GOAL OF THE EXERCISE:
Using the listing below, copy exactly the lines from the one containing "continue 2 h" to the one containing "refl (λ u e p. ground arith)))", both lines included, and no others.

DATASET EXTRACT:
****************************************
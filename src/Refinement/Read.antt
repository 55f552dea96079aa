-- ===== src/Refinement/Read.antt =====
-- The read instructions in every addressing mode.
use sys.Base.{ℕ, ◌+◌, ◌≡◌, ◌≢◌, refl, ap, ◌∙◌, arith, u16, Bool-cases, inl, inr}
use sys.Base.Bits.{bit_and-0xFF}
use sys.Cpu.Binary.{apply_binary_alu_op, commit_binary_alu_result}
use sys.Cpu.BinarySwitch.{apply_binary_case, commit_binary_case}
use sys.Cpu.Capture.{capture}
use sys.Cpu.Clock.{settle}
use sys.Cpu.Commit.{commit}
use sys.Cpu.Cycle.{finish, fetch, cycle_of}
use sys.Cpu.Handler.{Handler}
use sys.Cpu.State.{Cpu, CpuStep, go_to, next_pc, low, high}
use sys.Isa.Exec.{exec_binary, with_address}
use sys.Isa.Instr.{Mode, BinaryOp}
use sys.Isa.Machine.{Machine, visible, load_byte, fetch_byte}
use sys.Memory.Interface.{BusAccess}
use sys.Refinement.Binary.{apply_of, result_of, apply_step, binary_moving, operand_read}
use sys.Refinement.Finishes.{Finishes, conclude, continue}

-- The capture/commit pair of a mode. No instruction of the family has Zero Page,Y.
abbrev pub read_handler : Mode → Handler
read_handler Mode.immediate = Handler.read_immediate
read_handler Mode.zero_page = Handler.read_zero_page
read_handler Mode.zero_page_x = Handler.read_zero_page_x
read_handler Mode.zero_page_y = Handler.unimplemented
read_handler Mode.absolute = Handler.read_absolute
read_handler Mode.absolute_x = Handler.read_absolute_x
read_handler Mode.absolute_y = Handler.read_absolute_y
read_handler Mode.indirect_x = Handler.read_indirect_x
read_handler Mode.indirect_y = Handler.read_indirect_y

module _ {M : Type 0} ⦃access : BusAccess M⦄ (op : BinaryOp) (s : Cpu M)
    (applies : apply_binary_case (access.read s.bus s.pc).0 ≡ apply_of op)
    (results : commit_binary_case (access.read s.bus s.pc).0 ≡ result_of op) where
  -- Fetch the opcode, find the operand by the mode, and do the operation.
  abbrev pub documented : Mode → Machine M
  documented mode =
      fetch_byte (visible s)
        (λ _ m. with_address mode m (λ addr m'. load_byte addr m' (exec_binary op)))

  read_zero_page : Finishes 6 Handler.read_zero_page (fetch s) (documented Mode.zero_page)
  unfolding finish fetch cycle_of capture commit settle visible with_address
  read_zero_page =
      let h = Handler.read_zero_page in
      let t = cycle_of h (fetch s) in
      operand_read 4 h op t.addr_latch t applies results refl (λ u e p. ground arith)

  read_absolute : Finishes 6 Handler.read_absolute (fetch s) (documented Mode.absolute)
  unfolding finish fetch cycle_of capture commit settle visible with_address
  read_absolute =
      let h = Handler.read_absolute in
      let t = cycle_of h (cycle_of h (fetch s)) in
      operand_read 3 h op t.addr_latch t applies results refl (λ u e p. ground arith)

  read_zero_page_x : Finishes 6 Handler.read_zero_page_x (fetch s) (documented Mode.zero_page_x)
  unfolding finish fetch cycle_of capture commit settle visible with_address
  read_zero_page_x =
      let h = Handler.read_zero_page_x in
      let t = cycle_of h (cycle_of h (fetch s)) in
      rw (← bit_and-0xFF)
        (operand_read 3 h op t.addr_latch t applies results refl (λ u e p. ground arith))

  read_immediate : Finishes 6 Handler.read_immediate (fetch s) (documented Mode.immediate)
  unfolding finish fetch cycle_of capture commit settle visible with_address
  read_immediate =
      let h = Handler.read_immediate in
      let t = fetch s in
      let v = (access.read t.bus t.pc).0 in
      let r = record (settle high t) { bus = (access.read t.bus t.pc).1 } in
      let u = settle low (apply_binary_alu_op v r) in
      conclude 5 h t (commit_binary_alu_result (next_pc u)) (documented Mode.immediate) refl (
        binary_moving op v (u16 (u.pc + 1)) r applies results
        ∙ ap (λ (k : ℕ). exec_binary op v (record (visible r) { pc = u16 (k + 1) }))
            (apply_step v r).2)

  -- An indexed read costs a T-state more when the index leaves the page.
  read_absolute_x : Finishes 6 Handler.read_absolute_x (fetch s) (documented Mode.absolute_x)
  unfolding finish fetch cycle_of capture commit settle visible with_address
  read_absolute_x =
      let h = Handler.read_absolute_x in
      let t = cycle_of h (cycle_of h (fetch s)) in
      elim (Bool-cases t.page_crossed) [
        | inl crossed ↦
            continue 3 h t (go_to CpuStep.t4 (settle low t)) (documented Mode.absolute_x)
              (rw crossed) (λ q. cc)
              (operand_read 2 h op t.eff_addr (go_to CpuStep.t4 (settle low t)) applies results refl
                (λ u e p. ground arith))
        | inr same ↦
            operand_read 3 h op t.eff_addr t applies results (rw same) (λ u e p. ground arith)
      ]

  read_indirect_x : Finishes 6 Handler.read_indirect_x (fetch s) (documented Mode.indirect_x)
  unfolding finish fetch cycle_of capture commit settle visible with_address
  read_indirect_x =
      let h = Handler.read_indirect_x in
      let t = cycle_of h (cycle_of h (cycle_of h (cycle_of h (fetch s)))) in
      simp (← bit_and-0xFF)
        (operand_read 1 h op t.eff_addr t applies results refl (λ u e p. ground arith))

  read_absolute_y : Finishes 6 Handler.read_absolute_y (fetch s) (documented Mode.absolute_y)
  unfolding finish fetch cycle_of capture commit settle visible with_address
  read_absolute_y =
      let h = Handler.read_absolute_y in
      let t = cycle_of h (cycle_of h (fetch s)) in
      elim (Bool-cases t.page_crossed) [
        | inl crossed ↦
            continue 3 h t (go_to CpuStep.t4 (settle low t)) (documented Mode.absolute_y)
              (rw crossed) (λ q. cc)
              (operand_read 2 h op t.eff_addr (go_to CpuStep.t4 (settle low t)) applies results refl
                (λ u e p. ground arith))
        | inr same ↦
            operand_read 3 h op t.eff_addr t applies results (rw same) (λ u e p. ground arith)
      ]

  read_indirect_y : Finishes 6 Handler.read_indirect_y (fetch s) (documented Mode.indirect_y)
  unfolding finish fetch cycle_of capture commit settle visible with_address
  read_indirect_y =
      let h = Handler.read_indirect_y in
      let t = cycle_of h (cycle_of h (cycle_of h (fetch s))) in
      let goal = documented Mode.indirect_y in
      elim (Bool-cases t.page_crossed) [
        | inl crossed ↦
            continue 2 h t (go_to CpuStep.t5 (settle low t)) goal (rw crossed) (λ q. cc)
              (simp (← bit_and-0xFF) (
                operand_read 1 h op t.eff_addr (go_to CpuStep.t5 (settle low t)) applies results
                  refl (λ u e p. ground arith)))
        | inr same ↦
            simp (← bit_and-0xFF)
              (operand_read 2 h op t.eff_addr t applies results (rw same) (λ u e p. ground arith))
      ]

  -- Every mode that the family has.
  pub read_lem :
      (mode : Mode)
      → mode ≢ Mode.zero_page_y
      → Finishes 6 (read_handler mode) (fetch s) (documented mode)
  read_lem Mode.immediate ne = read_immediate
  read_lem Mode.zero_page ne = read_zero_page
  read_lem Mode.zero_page_x ne = read_zero_page_x
  read_lem Mode.zero_page_y ne = absurd (ne refl)
  read_lem Mode.absolute ne = read_absolute
  read_lem Mode.absolute_x ne = read_absolute_x
  read_lem Mode.absolute_y ne = read_absolute_y
  read_lem Mode.indirect_x ne = read_indirect_x
  read_lem Mode.indirect_y ne = read_indirect_y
****************************************
RESULT OF THIS EXERCISE:
            continue 2 h t (go_to CpuStep.t5 (settle low t)) goal (rw crossed) (λ q. cc)
              (simp (← bit_and-0xFF) (
                operand_read 1 h op t.eff_addr (go_to CpuStep.t5 (settle low t)) applies results
                  refl (λ u e p. ground arith)))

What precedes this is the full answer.